ZeroSCD: Zero-Shot Street Scene Change Detection

TL;DR

ZeroSCD addresses the challenge of change detection without training data by leveraging pre-trained Visual Place Recognition features from PlaceFormer and class-agnostic segmentation from SAM to detect and localize scene changes between two images. The method computes patch-level correspondences, estimates a homography, derives a coarse change map, and refines boundaries with segmentation, all in a zero-shot, training-free pipeline. It achieves state-of-the-art or competitive performance on VL-CMU-CD and PCD2015 benchmarks without dataset-specific training, demonstrating robustness to style variations and generalization across urban environments. This approach offers a scalable, practical solution for autonomous map updates, with potential extensions to other domains and unified foundational models to reduce computational overhead.

Abstract

Scene Change Detection is a challenging task in computer vision and robotics that aims to identify differences between two images of the same scene captured at different times. Traditional change detection methods rely on training models that take these image pairs as input and estimate the changes, which requires large amounts of annotated data, a costly and time-consuming process. To overcome this, we propose ZeroSCD, a zero-shot scene change detection framework that eliminates the need for training. ZeroSCD leverages pre-existing models for place recognition and semantic segmentation, utilizing their features and outputs to perform change detection. In this framework, features extracted from the place recognition model are used to estimate correspondences and detect changes between the two images. These are then combined with segmentation results from the semantic segmentation model to precisely delineate the boundaries of the detected changes. Extensive experiments on benchmark datasets demonstrate that ZeroSCD outperforms several state-of-the-art methods in change detection accuracy, despite not being trained on any of the benchmark datasets, proving its effectiveness and adaptability across different scenarios.
Paper Structure (19 sections, 3 equations, 4 figures, 3 tables)

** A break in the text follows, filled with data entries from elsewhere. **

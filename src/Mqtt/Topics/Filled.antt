-- ===== src/Mqtt/Topics/Filled.antt =====
-- What stands at the places of the placeholders once the levels are filled in.
-- Two placeholders have two indices.
use vda_5050_lib_js.Common.{
  All, List, Option, String, ap, arith, eq_Option, eq_String, eq_ℕ, false, get_elem?, length,
  ne_of_==, none, refl, some, sym, ℕ, ◌<◌, ◌==◌, ◌∙◌, ◌≡◌, ◌≢◌,
}
use vda_5050_lib_js.Mqtt.Topics.{
  TopicFormat, fill_levels, format_of, index_of_level, major_of, set_level,
}
use vda_5050_lib_js.Mqtt.Topics.Levels.{
  NoSlash, bound_of_get, get-set_ne, get-set_self, index_of_level-get, length-set, set-All,
}

indices_differ :
    (p q : String) (ls : List String) (i j : ℕ)
    → (p == q) ≡ false
    → index_of_level p ls ≡ some i
    → index_of_level q ls ≡ some j
    → i ≢ j
indices_differ p q ls i j h e k same =
    let here : get_elem? ls i ≡ some p = index_of_level-get p ls i e in
    let there : get_elem? ls j ≡ some q = index_of_level-get q ls j k in
    let one : some p ≡ some q = sym here ∙ ap (get_elem? ls) same ∙ there in ne_of_== p q h (cc)

-- Setting the level of one placeholder leaves that of another.
set_level-other :
    (p q : String) (ls ks : List String) (o : Option ℕ) (j : ℕ) (v : String)
    → (p == q) ≡ false
    → o ≡ index_of_level p ls
    → index_of_level q ls ≡ some j
    → get_elem? (set_level o v ks) j ≡ get_elem? ks j
set_level-other p q ls ks none j v h e k = refl
set_level-other p q ls ks (some i) j v h e k =
    get-set_ne ks i j v (indices_differ p q ls i j h (sym e) k)

length-set_level :
    (o : Option ℕ) (v : String) (ls : List String) → length (set_level o v ls) ≡ length ls
length-set_level none v ls = refl
length-set_level (some i) v ls = length-set ls i v

set_level-NoSlash :
    (o : Option ℕ) (v : String) (ls : List String)
    → NoSlash v
    → All NoSlash ls
    → All NoSlash (set_level o v ls)
set_level-NoSlash none v ls h a = a
set_level-NoSlash (some i) v ls h a = set-All NoSlash ls i v h a

set_level_self :
    (o : Option ℕ) (ks : List String) (j : ℕ) (v : String)
    → o ≡ some j
    → j < length ks
    → get_elem? (set_level o v ks) j ≡ some v
set_level_self none ks j v e h = cc
set_level_self (some i) ks j v e h = let same : i ≡ j = cc in rw same (get-set_self ks j v h)

module _ (ls : List String) (interface_name version : String) (n : ℕ) where
  abbrev format : TopicFormat
  format = format_of ls interface_name version n

  -- The four levels that are set before that of the topic.
  abbrev before_topic : String → String → List String
  before_topic m s = set_level format.serial_number_index s (
      set_level format.manufacturer_index m (
        set_level format.version_index format.major_version
          (set_level format.interface_index interface_name ls)))

  abbrev before_serial_number : String → List String
  before_serial_number m = set_level format.manufacturer_index m (
      set_level format.version_index format.major_version
        (set_level format.interface_index interface_name ls))

  abbrev before_manufacturer : List String
  before_manufacturer =
      set_level format.version_index format.major_version
        (set_level format.interface_index interface_name ls)

  length-before_manufacturer : length before_manufacturer ≡ length ls
  length-before_manufacturer =
      length-set_level format.version_index format.major_version
        (set_level format.interface_index interface_name ls)
      ∙ length-set_level format.interface_index interface_name ls

  length-before_serial_number : (m : String) → length (before_serial_number m) ≡ length ls
  length-before_serial_number m =
      length-set_level format.manufacturer_index m before_manufacturer ∙ length-before_manufacturer

  length-before_topic : (m s : String) → length (before_topic m s) ≡ length ls
  length-before_topic m s =
      length-set_level format.serial_number_index s (before_serial_number m)
      ∙ length-before_serial_number m

  bound : (p : String) (j : ℕ) → index_of_level p ls ≡ some j → j < length ls
  bound p j e = bound_of_get ls j p (index_of_level-get p ls j e)

  pub fill-topic :
      (m s t : String)
      → index_of_level "%topic%" ls ≡ some n
      → get_elem? (fill_levels format m s t) n ≡ some t
  unfolding fill_levels
  fill-topic m s t e =
      get-set_self (before_topic m s) n t (rw (length-before_topic m s) (bound "%topic%" n e))

  pub fill-serial_number :
      (m s t : String) (j : ℕ)
      → index_of_level "%topic%" ls ≡ some n
      → index_of_level "%serialNumber%" ls ≡ some j
      → get_elem? (fill_levels format m s t) j ≡ some s
  unfolding fill_levels
  fill-serial_number m s t j e k =
      get-set_ne (before_topic m s) n j t
        (indices_differ "%topic%" "%serialNumber%" ls n j refl e k)
      ∙ set_level_self format.serial_number_index (before_serial_number m) j s k
          (rw (length-before_serial_number m) (bound "%serialNumber%" j k))

  pub fill-manufacturer :
      (m s t : String) (j : ℕ)
      → index_of_level "%topic%" ls ≡ some n
      → index_of_level "%manufacturer%" ls ≡ some j
      → get_elem? (fill_levels format m s t) j ≡ some m
  unfolding fill_levels
  fill-manufacturer m s t j e k =
      get-set_ne (before_topic m s) n j t
        (indices_differ "%topic%" "%manufacturer%" ls n j refl e k)
      ∙ set_level-other "%serialNumber%" "%manufacturer%" ls (before_serial_number m)
          format.serial_number_index j s refl refl k
      ∙ set_level_self format.manufacturer_index before_manufacturer j m k
          (rw length-before_manufacturer (bound "%manufacturer%" j k))

  pub fill-NoSlash :
      (m s t : String)
      → All NoSlash ls
      → NoSlash interface_name
      → NoSlash (major_of version)
      → NoSlash m
      → NoSlash s
      → NoSlash t
      → All NoSlash (fill_levels format m s t)
  unfolding fill_levels
  fill-NoSlash m s t a hi hv hm hs ht = set-All NoSlash (before_topic m s) n t ht (
      set_level-NoSlash format.serial_number_index s (before_serial_number m) hs (
        set_level-NoSlash format.manufacturer_index m before_manufacturer hm (
          set_level-NoSlash format.version_index format.major_version
            (set_level format.interface_index interface_name ls) hv
            (set_level-NoSlash format.interface_index interface_name ls hi a))))

  pub fill-nonempty :
      (m s t : String)
      → index_of_level "%topic%" ls ≡ some n
      → 0 < length (fill_levels format m s t)
  unfolding fill_levels
  fill-nonempty m s t e =
      omega (arith, length-set (before_topic m s) n t, length-before_topic m s, bound "%topic%" n e)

This paper contains 19 sections, 3 equations, 4 figures, 3 tables.

Figures (4)

  • Figure 1: Two images of the same location, taken before and after the construction of a roundabout, are shown. The areas where changes have occurred are highlighted with a red box. Detecting these changes related to the roundabout and signs is essential to ensure the map is updated for the safe navigation of autonomous vehicles.
  • Figure 2: Architecture of the ZeroSCD framework. In ZeroSCD the input images are passed through the image encoder and the patch embeddings are extracted. The homography between the two images is then computed based on the correspondences between the images. Based on the relation between the two images estimated using the homography, a coarse difference map is computed. This difference map identifies patches where changes have occurred. This difference map is then compared with the segmented output of SAM and the segments estimated by SAM that align with the coarse difference map are estimated. The summation of all the segments corresponding to changed regions yields the final change binary mask.
  • Figure 3: Binary change masks generated by our method on various VL-CMU-CD dataset along with the input images and the ground truth.
  • Figure 4: Binary change mask generated by our method for an image pair from the Tsunami dataset along with the input images and the ground truth.